Critical Passions: Selected Essays. By Jean Franco. Edited and with an introduction by Mary Louise Pratt and Kathleen Newman. Durham: Duke University Press, 2000. Pp. vi, 536. Notes. Index. $69.95 cloth; $22.95 paper.

In March 2000, the Latin American Studies Association honored Jean Franco with the Kalman Silvert Award in recognition of her thirty-plus years as a ground-breaking scholar in Latin American literary and cultural studies. The concerns that the professor emerita of English and Comparative Literature at Columbia University raised in her first book, The Modern Culture of Latin America: Society and the Artist (1967), also flavor this collection of 32 essays, originally published between 1971 and 1997. The editors have grouped the articles into four categories: feminism and the critique of authoritarianism; mass and popular culture; Latin American literature: the boom and beyond; and Mexico. The boundaries are somewhat arbitrary, for Franco's interests in the relationship between society, artists, and art, both high and popular, necessarily overlap.

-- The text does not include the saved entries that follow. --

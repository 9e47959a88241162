-- ===== src/Spec/Ends.antt =====
-- FromRaw ends on every input: none of the loops that it calls runs out of fuel.
use utls.Base.{
  ℕ, zero, suc, ◌≤◌, ◌<◌, Bool, true, false, not, ◌==◌, List, [], ◌∷◌, Option, none, some, Bytes,
  length, if◌then◌else◌, Option-cases, ◌⊎◌, inl, inr, ◌≡◌, ◌≢◌, refl, arith,
}
use utls.Grease.{un_grease_uint16}
use utls.Cryptobyte.{Reader}
use utls.Cryptobyte.Loops.{Outcome, done, refused, out_of_fuel, read_all-ends}
use utls.Cryptobyte.Advances.{read_uint16-shorter, read_vec16-shorter}
use utls.Extension.Write.{
  FromId, known, session_ticket, fake_pre_shared_key, quic_transport_parameters, grease_ech,
  unknown, extension_from_id,
}
use utls.Extension.Write.Ends.{u16_step-Advances, write-ends}
use utls.Extension.Write.Parts.{WriteResult, wrote, failed, stuck, u16_step}
use utls.Session.State.{PskIdentity}
use utls.Spec.{
  SpecExtension, Spec, ParseError, Parsed, parsed, rejected, unended, and_then, need, Step, stop,
  go, with_suites, read_cipher_suites, as_plain, as_fake, as_ech, extension_write, take_known,
  take_extension, extension_step, extensions_loop, reset_versions, read_tls_extensions, new_spec,
  message_error, session_id_error, cipher_suites_error, compression_methods_error, extensions_error,
  record_error,
}
use utls.Spec.Others.{GreaseEch}
use utls.Spec.Others.Ends.{fake_psk_write-ends}
use utls.Spec.Raw.{
  record_header, message_header, read_extensions_block, read_fields, read_message, from_raw,
}

abbrev IsStep : Bytes → Step → Type 0
IsStep s (stop r) = r ≢ unended
IsStep s (go p rest) = length rest < length s

parsed-ends : (p : Spec) → parsed p ≢ unended
parsed-ends p e = cc

rejected-ends : (e : ParseError) (p : Spec) → rejected e p ≢ unended
rejected-ends e p h = cc

and_then-ends :
    (r : Parsed) (next : Spec → Parsed)
    → r ≢ unended
    → ((p : Spec) → next p ≢ unended)
    → and_then r next ≢ unended
and_then-ends (parsed p) next hr hn = hn p
and_then-ends (rejected e p) next hr hn = rejected-ends e p
and_then-ends unended next hr hn = λ _. hr refl

need-ends {ℓ} :
    {A : Type ℓ} (e : ParseError) (p : Spec) (o : Option A) (next : A → Parsed)
    → ((a : A) → next a ≢ unended)
    → need e p o next ≢ unended
need-ends e p none next h = rejected-ends e p
need-ends e p (some a) next h = h a

if-ends : (b : Bool) (x y : Parsed) → x ≢ unended → y ≢ unended → (if b then x else y) ≢ unended
if-ends true x y hx hy = hx
if-ends false x y hx hy = hy

as_plain-ends : (r : WriteResult) → r ≢ stuck → as_plain r ≢ out_of_fuel
as_plain-ends (wrote e n) h = λ e. cc
as_plain-ends (failed n) h = λ e. cc
as_plain-ends stuck h = λ _. h refl

as_fake-ends :
    (o : Outcome (List PskIdentity × List Bytes)) → o ≢ out_of_fuel → as_fake o ≢ out_of_fuel
as_fake-ends (done (ids, bs)) h = λ e. cc
as_fake-ends refused h = λ e. cc
as_fake-ends out_of_fuel h = λ _. h refl

as_ech-ends : (o : Option GreaseEch) → as_ech o ≢ out_of_fuel
as_ech-ends none = λ e. cc
as_ech-ends (some g) = λ e. cc

with_suites-ends : (p : Spec) (o : Outcome (List ℕ)) → o ≢ out_of_fuel → with_suites p o ≢ unended
with_suites-ends p (done xs) h = parsed-ends _
with_suites-ends p refused h = rejected-ends _ _
with_suites-ends p out_of_fuel h = λ _. h refl

read_cipher_suites-ends : (c : Reader) (b : Bytes) (p : Spec) → read_cipher_suites c b p ≢ unended
unfolding read_cipher_suites
read_cipher_suites-ends c b p = with_suites-ends p _ (
    read_all-ends (u16_step c un_grease_uint16) (u16_step-Advances c un_grease_uint16) (length b) b
      (omega arith))

module _ (c : Reader) (random : ℕ → Option Bytes) where
  extension_write-ends :
      (real : Bool) (x : FromId) (b : Bytes) → extension_write c random real x b ≢ out_of_fuel
  unfolding extension_write
  extension_write-ends real (known e) b = as_plain-ends _ (write-ends c e b)
  extension_write-ends real session_ticket b = λ e. cc
  extension_write-ends true fake_pre_shared_key b = λ e. cc
  extension_write-ends false fake_pre_shared_key b = as_fake-ends _ (fake_psk_write-ends c b)
  extension_write-ends real quic_transport_parameters b = λ e. cc
  extension_write-ends real grease_ech b = as_ech-ends _
  extension_write-ends real unknown b = λ e. cc

  take_known-IsStep :
      (s rest : Bytes) (p : Spec) (o : Outcome SpecExtension)
      → length rest < length s
      → o ≢ out_of_fuel
      → IsStep s (take_known c random p rest o)
  take_known-IsStep s rest p (done e) less h = less
  take_known-IsStep s rest p refused less h = rejected-ends _ _
  take_known-IsStep s rest p out_of_fuel less h = λ _. h refl

  take_extension-IsStep :
      (blunt real : Bool) (p : Spec) (id : ℕ) (body rest s : Bytes) (x : FromId)
      → length rest < length s
      → IsStep s (take_extension c random blunt real p id body rest x)
  unfolding take_extension
  take_extension-IsStep true real p id body rest s unknown less = less
  take_extension-IsStep false real p id body rest s unknown less = rejected-ends _ _
  take_extension-IsStep blunt real p id body rest s x less =
      take_known-IsStep s rest (reset_versions id p) _ less (extension_write-ends real x body)

  extension_step-IsStep :
      (blunt real : Bool) (p : Spec) (s : Bytes) → IsStep s (extension_step c random blunt real p s)
  unfolding extension_step
  extension_step-IsStep blunt real p s = elim (Option-cases (c.read_uint16 s)) [
    | inl bad ↦ rw (bad, extension_step) (rejected-ends _ _)
    | inr ((id, s₁), good) ↦ elim (Option-cases (c.read_uint16_length_prefixed s₁)) [
      | inl bad ↦ rw (good, extension_step) (rw bad (rejected-ends _ _))
      | inr ((body, rest), good₁) ↦
          let first = read_uint16-shorter c s id s₁ good in
          let second = read_vec16-shorter c s₁ body rest good₁ in
          rw (good, extension_step)
            (rw good₁ (
              take_extension-IsStep blunt real p id body rest s (extension_from_id id)
                (omega arith)))
    ]
  ]

  Step-cases :
      (t : Step) → ((r : Parsed) × (t ≡ stop r)) ⊎ ((p : Spec) × (rest : Bytes) × (t ≡ go p rest))
  Step-cases (stop r) = inl (r, refl)
  Step-cases (go p rest) = inr (p, rest, refl)

  extensions_loop-ends :
      (blunt real : Bool) (fuel : ℕ) (s : Bytes) (p : Spec)
      → length s ≤ fuel
      → extensions_loop c random blunt real fuel s p ≢ unended
  unfolding extensions_loop
  extensions_loop-ends blunt real fuel [] p h = parsed-ends p
  extensions_loop-ends blunt real zero (b ∷ s) p h = absurd (omega arith)
  extensions_loop-ends blunt real (suc fuel) (b ∷ s) p h =
      let ends = extension_step-IsStep blunt real p (b ∷ s) in
      elim (Step-cases (extension_step c random blunt real p (b ∷ s))) [
        | inl (r, is) ↦ rw (is, extensions_loop) (rw is at ends)
        | inr (p', rest, is) ↦
            let less : length rest < length (b ∷ s) = rw is at ends in
            rw (is, extensions_loop) (extensions_loop-ends blunt real fuel rest p' (omega arith))
      ]

  read_extensions_block-ends :
      (blunt real : Bool) (n : ℕ) (s : Bytes) (p : Spec)
      → read_extensions_block c random blunt real n s p ≢ unended
  unfolding read_extensions_block read_tls_extensions
  read_extensions_block-ends blunt real n [] p = parsed-ends p
  read_extensions_block-ends blunt real n (b ∷ s) p =
      need-ends extensions_error p (c.read_uint16_length_prefixed (b ∷ s)) _ λ (block, rest).
        and_then-ends (extensions_loop c random blunt real (length block) block p) _
          (extensions_loop-ends blunt real (length block) block p (omega arith)) λ q. parsed-ends _

  read_fields-ends :
      (blunt real : Bool) (n : ℕ) (s : Bytes) (p : Spec)
      → read_fields c random blunt real n s p ≢ unended
  unfolding read_fields
  read_fields-ends blunt real n s p =
      need-ends session_id_error p (c.read_uint8_length_prefixed s) _ λ (id, s₁).
        need-ends cipher_suites_error p (c.read_uint16_length_prefixed s₁) _ λ (suites, s₂).
          and_then-ends (read_cipher_suites c suites p) _ (read_cipher_suites-ends c suites p) λ q.
            need-ends compression_methods_error q (c.read_uint8_length_prefixed s₂) _
              λ (methods, s₃). read_extensions_block-ends blunt real n s₃ _

  -- FromRaw returns a spec or an error on every input, whatever crypto/rand gives: none of its loops, nor
  -- those of the Writes that it calls, runs out of the fuel that the length of its string is.
  pub from_raw-ends : (flags : List Bool) (raw : Bytes) → from_raw c random flags raw ≢ unended
  unfolding from_raw read_message
  from_raw-ends flags raw =
      need-ends record_error new_spec (record_header c raw) _ λ (kind, version, s).
        if-ends (not (kind == 22)) _ _ (rejected-ends _ _) (
          need-ends message_error new_spec (message_header c s) _ λ (kind', version', s₁).
            if-ends (not (kind' == 1)) _ _ (rejected-ends _ _) (read_fields-ends _ _ _ s₁ _))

Can an artist simultaneously challenge the literary canon and advocate social justice? For all their freshness and innovation, Franco judges that most of the writers of the boom (Carlos Fuentes, Gabriel García Márquez, Julio Cortázar, and Mario Vargas Llosa, to name a few) have failed to solve this conundrum. Franco argues that their emphasis on individual freedom over social action, their archaic stereotypes of the bourgeois society they criticized, and their discomfort with mass culture have limited their authority as moral critics. Unwittingly, and reluctantly, they themselves became transnational media stars, and their novels often became commodities in the mass culture they disliked. Ultimately, they neither replaced the Enlightenment novel nor dealt a telling blow to the capitalistic system it reflected.

Unlike the novelists, Franco finds much to value in popular, mass culture with its potential to defy the hierarchy of social and cultural values. The transmitters and the receivers of mass culture genres like telenovelas engage in constant negotiation. Items of mass culture are commodities that are packaged and marketed, but the receiver will choose the most meaningful among many options or may reconstruct and even invert the intended message. As an example, Franco cites the Mexican government's crass marketing of the image of Frieda Kahlo as an "advocate and intercessor of a new Mexico" (p. 43). A Chicano artist might receive that image but attach a different and more defiant symbolic value to it. The negotiation exists even in authoritarian societies, although its range naturally becomes more restricted, Franco argues.

The fight for control of public space is crucial in the struggle to replace the Enlightenment narrative of progress and technology. Franco observes that Latin American public space has long been filled by male, patriarchal voices. Gays, lesbians, transvestite performance artists, and women have weakened the gender order when they have dared to venture out of their private havens. For example, the 1970s authoritarian governments in Argentina invaded homes, spurring the Mothers of the Plaza de Mayo to denounce torture in the public space of Buenos Aires. Since most dictators and torturers have been masculine, then their feminine opposite becomes inherently destabilizing.

Franco does not argue for the moral superiority of women nor suggest that women writers automatically challenge the patriarchal system. Although the works of writers like Isabel Allende or Laura Esquivel can help to displace a male-centered allegory, these "art romances" (p. 98) usually are not written from the feminist perspective that their authors may claim for them. Like their male cohorts, the middle-class women writers usually privilege individual values over social ones and remain somewhat aloof from issues of social justice for the masses.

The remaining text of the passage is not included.